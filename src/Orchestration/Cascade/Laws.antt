-- ===== src/Orchestration/Cascade/Laws.antt =====
-- What the cascade tries, and what its result says of it.
use ai_augmented_generation.Prelude.{
  ◌≡◌, refl, ap, sym, ◌∙◌, subst, ◌⊎◌, inl, inr, Bool, true, false, not, ◌&&◌, ◌||◌, Option, none,
  some, List, [], ◌∷◌, ◌++◌, map, All, All-append, arith, Bool-cases, append-nil, append_assoc,
  map-append,
}
use ai_augmented_generation.Orchestration.Entities.{
  Paradigm, rag, paradigm_order, same, contains, RoutingMode, cascade, parallel, TierOutcome, hit,
  partial, miss, timeout, error,
}
use ai_augmented_generation.Orchestration.Cascade.{
  TierResult, TierAttempt, Reply, answered, timed_out, raised, RoutingDecision, Collector, is_hit,
  nothing, attempt, add, try_tier, is_hit_reply, run_unrouted, all_in, run_routed, run_parallel,
  eligible, run_mode, run,
}

abbrev pub is_failure : TierOutcome → Bool
is_failure timeout = true
is_failure error = true
is_failure hit = false
is_failure partial = false
is_failure miss = false

abbrev pub any_failure : List TierAttempt → Bool
any_failure [] = false
any_failure (a ∷ attempts) = is_failure a.outcome || any_failure attempts

abbrev pub any_hit : Paradigm → List TierAttempt → Bool
any_hit p [] = false
any_hit p (a ∷ attempts) = (is_hit a.outcome && same a.paradigm p) || any_hit p attempts

any_failure-append :
    (xs : List TierAttempt) (a : TierAttempt)
    → any_failure (xs ++ a ∷ []) ≡ (is_failure a.outcome || any_failure xs)
any_failure-append [] a = refl
any_failure-append (x ∷ xs) a = ground (arith, any_failure-append xs a)

any_hit-append :
    (p : Paradigm) (xs : List TierAttempt) (a : TierAttempt)
    → any_hit p (xs ++ a ∷ []) ≡ ((is_hit a.outcome && same a.paradigm p) || any_hit p xs)
any_hit-append p [] a = refl
any_hit-append p (x ∷ xs) a = ground (arith, any_hit-append p xs a)

module _ {F : Type 0} (replies : Paradigm → Reply F) where
  module _ (P : Collector F → Type 0) (Q : Paradigm → Type 0)
      (keeps : (c : Collector F) (p : Paradigm) → Q p → P c → P (try_tier replies c p)) where
    run_unrouted_keeps :
        (tiers ps : List Paradigm) (c : Collector F)
        → ((p : Paradigm) → contains tiers p ≡ true → Q p)
        → P c
        → P (run_unrouted replies tiers ps c)
    unfolding run_unrouted
    run_unrouted_keeps tiers [] c q h = h
    run_unrouted_keeps tiers (p ∷ ps) c q h = elim (Bool-cases (contains tiers p)) [
      | inr absent ↦ rw absent (run_unrouted_keeps tiers ps c q h)
      | inl there ↦ rw there (elim (Bool-cases (is_hit_reply (replies p))) [
        | inl won ↦ rw won (keeps c p (q p there) h)
        | inr lost ↦
            rw lost (run_unrouted_keeps tiers ps (try_tier replies c p) q (keeps c p (q p there) h))
      ])
    ]

    run_routed_keeps :
        (routed ps : List Paradigm) (c : Collector F)
        → All Q ps
        → P c
        → P (run_routed replies routed ps c)
    unfolding run_routed
    run_routed_keeps routed [] c q h = h
    run_routed_keeps routed (p ∷ ps) c q h = elim (Bool-cases (all_in routed c.satisfied)) [
      | inl done ↦ rw done h
      | inr unsettled ↦
          rw unsettled (run_routed_keeps routed ps (try_tier replies c p) (q.1) (keeps c p (q.0) h))
    ]

    run_parallel_keeps :
        (ps : List Paradigm) (c : Collector F) → All Q ps → P c → P (run_parallel replies ps c)
    unfolding run_parallel
    run_parallel_keeps [] c q h = h
    run_parallel_keeps (p ∷ ps) c q h =
        run_parallel_keeps ps (try_tier replies c p) (q.1) (keeps c p (q.0) h)

    run_mode_keeps :
        (routed : List Paradigm) (m : RoutingMode) (ps : List Paradigm)
        → All Q ps
        → P nothing
        → P (run_mode replies routed m ps)
    unfolding run_mode
    run_mode_keeps routed parallel ps q h = run_parallel_keeps ps nothing q h
    run_mode_keeps routed cascade ps q h = run_routed_keeps routed ps nothing q h

  -- What the result says of the attempts.
  pub record IsTold (c : Collector F) : Type 0 where
    pub degraded_told : c.degraded ≡ any_failure c.attempts
    pub satisfied_told : (p : Paradigm) → contains c.satisfied p ≡ any_hit p c.attempts

  -- The tiers report no failure of their own, as `TierResult` makes sure.
  abbrev pub is_reportable : Reply F → Bool
  is_reportable (answered result) = not (is_failure result.outcome)
  is_reportable timed_out = true
  is_reportable raised = true

  add-IsTold :
      (c : Collector F) (p : Paradigm) (r : Reply F)
      → is_reportable r ≡ true
      → IsTold c
      → IsTold (let (a, result) = attempt p r in add c a result)
  unfolding add attempt
  add-IsTold c p timed_out q told = record {
    degraded_told =
        sym (any_failure-append c.attempts (record { paradigm = p; outcome = timeout }));
    satisfied_told = λ other.
        told.satisfied_told other
        ∙ sym (any_hit-append other c.attempts (record { paradigm = p; outcome = timeout }));
  }
  add-IsTold c p raised q told = record {
    degraded_told = sym (any_failure-append c.attempts (record { paradigm = p; outcome = error }));
    satisfied_told = λ other.
        told.satisfied_told other
        ∙ sym (any_hit-append other c.attempts (record { paradigm = p; outcome = error }));
  }
  add-IsTold c p (answered result) q told = record {
    degraded_told = ground (
      arith,
      told.degraded_told,
      any_failure-append c.attempts (record { paradigm = p; outcome = result.outcome }),
    );
    satisfied_told = λ other. ground (
      arith,
      told.satisfied_told other,
      any_hit-append other c.attempts (record { paradigm = p; outcome = result.outcome }),
    );
  }

  nothing-IsTold : IsTold nothing
  nothing-IsTold = record { degraded_told = refl; satisfied_told = λ p. refl }

  try_tier-IsTold :
      ((p : Paradigm) → is_reportable (replies p) ≡ true)
      → (c : Collector F) (p : Paradigm) → Unit {0}
      → IsTold c
      → IsTold (try_tier replies c p)
  unfolding try_tier
  try_tier-IsTold reportable c p q told = add-IsTold c p (replies p) (reportable p) told

  anything : (ps : List Paradigm) → All (λ p. Unit {0}) ps
  anything [] = tt
  anything (p ∷ ps) = (tt, anything ps)

  -- Where the tiers report no failure of their own, a result is degraded exactly if an attempt
  -- timed out or raised, and a paradigm is satisfied exactly if an attempt of it was a hit,
  -- whatever the route.
  pub run-IsTold :
      ((p : Paradigm) → is_reportable (replies p) ≡ true)
      → (tiers : List Paradigm) (decision : Option RoutingDecision)
      → IsTold (run replies tiers decision)
  unfolding run
  run-IsTold reportable tiers none =
      run_unrouted_keeps IsTold (λ p. Unit {0}) (try_tier-IsTold reportable) tiers paradigm_order
        nothing (λ p there. tt) nothing-IsTold
  run-IsTold reportable tiers (some decision) =
      run_mode_keeps IsTold (λ p. Unit {0}) (try_tier-IsTold reportable) decision.paradigms
        decision.mode (eligible tiers decision.paradigms paradigm_order)
        (anything (eligible tiers decision.paradigms paradigm_order)) nothing-IsTold

module _ (tiers routed : List Paradigm) where
  -- The paradigm has a tier, and the decision routes it or it is RAG.
  abbrev pub IsEligible : Paradigm → Type 0
  IsEligible p = (contains tiers p ≡ true) × ((contains routed p || same p rag) ≡ true)

  eligible-IsEligible : (ps : List Paradigm) → All IsEligible (eligible tiers routed ps)
  unfolding eligible
  eligible-IsEligible [] = tt
  eligible-IsEligible (p ∷ ps) =
      elim (Bool-cases (contains tiers p && (contains routed p || same p rag))) [
        | inl e ↦ rw e ((ground (arith, e), ground (arith, e)), eligible-IsEligible ps)
        | inr e ↦ rw e (eligible-IsEligible ps)
      ]

-- The paradigm of an attempt.
abbrev pub paradigm_of : TierAttempt → Paradigm
paradigm_of a = a.paradigm

module _ {F : Type 0} where
  add_attempts :
      (c : Collector F) (a : TierAttempt) (result : Option (TierResult F))
      → (add c a result).attempts ≡ c.attempts ++ a ∷ []
  unfolding add
  add_attempts c a none = refl
  add_attempts c a (some result) = refl

  attempt_paradigm : (p : Paradigm) (r : Reply F) → paradigm_of ((attempt p r).0) ≡ p
  unfolding attempt
  attempt_paradigm p (answered result) = refl
  attempt_paradigm p timed_out = refl
  attempt_paradigm p raised = refl

module _ {F : Type 0} (replies : Paradigm → Reply F) where
  try_tier_attempts :
      (c : Collector F) (p : Paradigm)
      → (a : TierAttempt) × ((try_tier replies c p).attempts ≡ c.attempts ++ a ∷ [])
        × (a.paradigm ≡ p)
  unfolding try_tier
  try_tier_attempts c p =
      let reply = attempt p (replies p) in
      (reply.0, add_attempts c (reply.0) (reply.1), attempt_paradigm p (replies p))

  -- A routed query tries no paradigm but those that the decision routes, and RAG, and of them only
  -- those that have a tier.
  pub run_scope :
      (tiers : List Paradigm) (decision : RoutingDecision)
      → All
          (λ a. IsEligible tiers decision.paradigms a.paradigm)
          (run replies tiers (some decision)).attempts
  unfolding run
  run_scope tiers decision =
      run_mode_keeps replies
        (λ c. All (λ a. IsEligible tiers decision.paradigms a.paradigm) c.attempts)
        (IsEligible tiers decision.paradigms)
        (λ c p q h.
          let (a, e, same_p) = try_tier_attempts c p in
          subst (All (λ a'. IsEligible tiers decision.paradigms a'.paradigm)) (sym e) (
            All-append (λ a'. IsEligible tiers decision.paradigms a'.paradigm) c.attempts (a ∷ []) h
              (subst (IsEligible tiers decision.paradigms) (sym same_p) q, tt)))
        decision.paradigms decision.mode (eligible tiers decision.paradigms paradigm_order)
        (eligible-IsEligible tiers decision.paradigms paradigm_order) tt

  -- The paradigms that were tried, in order.
  abbrev pub tried : Collector F → List Paradigm
  tried c = map paradigm_of c.attempts

  tried-try_tier :
      (c : Collector F) (p : Paradigm) → tried (try_tier replies c p) ≡ tried c ++ p ∷ []
  tried-try_tier c p =
      let (a, e, same_p) = try_tier_attempts c p in
      ap (map paradigm_of) e
      ∙ map-append paradigm_of c.attempts (a ∷ [])
      ∙ ap (λ q. tried c ++ q ∷ []) same_p

  regroup :
      (c : Collector F) (p : Paradigm) (ps : List Paradigm)
      → tried (try_tier replies c p) ++ ps ≡ tried c ++ p ∷ ps
  regroup c p ps = ap (λ qs. qs ++ ps) (tried-try_tier c p) ∙ append_assoc (tried c) (p ∷ []) ps

  tried-run_parallel :
      (ps : List Paradigm) (c : Collector F) → tried (run_parallel replies ps c) ≡ tried c ++ ps
  unfolding run_parallel
  tried-run_parallel [] c = sym (append-nil (tried c))
  tried-run_parallel (p ∷ ps) c = tried-run_parallel ps (try_tier replies c p) ∙ regroup c p ps

  run_routed_settles :
      (routed ps : List Paradigm) (c : Collector F)
      → (all_in routed (run_routed replies routed ps c).satisfied ≡ true)
        ⊎ (tried (run_routed replies routed ps c) ≡ tried c ++ ps)
  unfolding run_routed
  run_routed_settles routed [] c = inr (sym (append-nil (tried c)))
  run_routed_settles routed (p ∷ ps) c = elim (Bool-cases (all_in routed c.satisfied)) [
    | inl done ↦ rw done (inl done)
    | inr unsettled ↦ rw unsettled (elim (run_routed_settles routed ps (try_tier replies c p)) [
      | inl done ↦ inl done
      | inr all ↦ inr (all ∙ regroup c p ps)
    ])
  ]

  -- A routed query stops early only when every paradigm of the route had a hit: else it tried every
  -- eligible paradigm, in the order of their cost.
  pub run_settles :
      (tiers : List Paradigm) (decision : RoutingDecision)
      → (all_in decision.paradigms (run replies tiers (some decision)).satisfied ≡ true)
        ⊎ (tried (run replies tiers (some decision))
            ≡ eligible tiers decision.paradigms paradigm_order)
  unfolding run
  run_settles tiers decision =
      by_mode decision.mode (eligible tiers decision.paradigms paradigm_order)
    where
      by_mode :
          (m : RoutingMode) (ps : List Paradigm)
          → (all_in decision.paradigms (run_mode replies decision.paradigms m ps).satisfied ≡ true)
            ⊎ (tried (run_mode replies decision.paradigms m ps) ≡ ps)
      by_mode parallel ps = unfold run_mode in inr (tried-run_parallel ps nothing)
      by_mode cascade ps = unfold run_mode in run_routed_settles decision.paradigms ps nothing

§ Directions:
Find the number of lines in the records that include the word "subst". Write only that number.

§ Solution to the problem:
3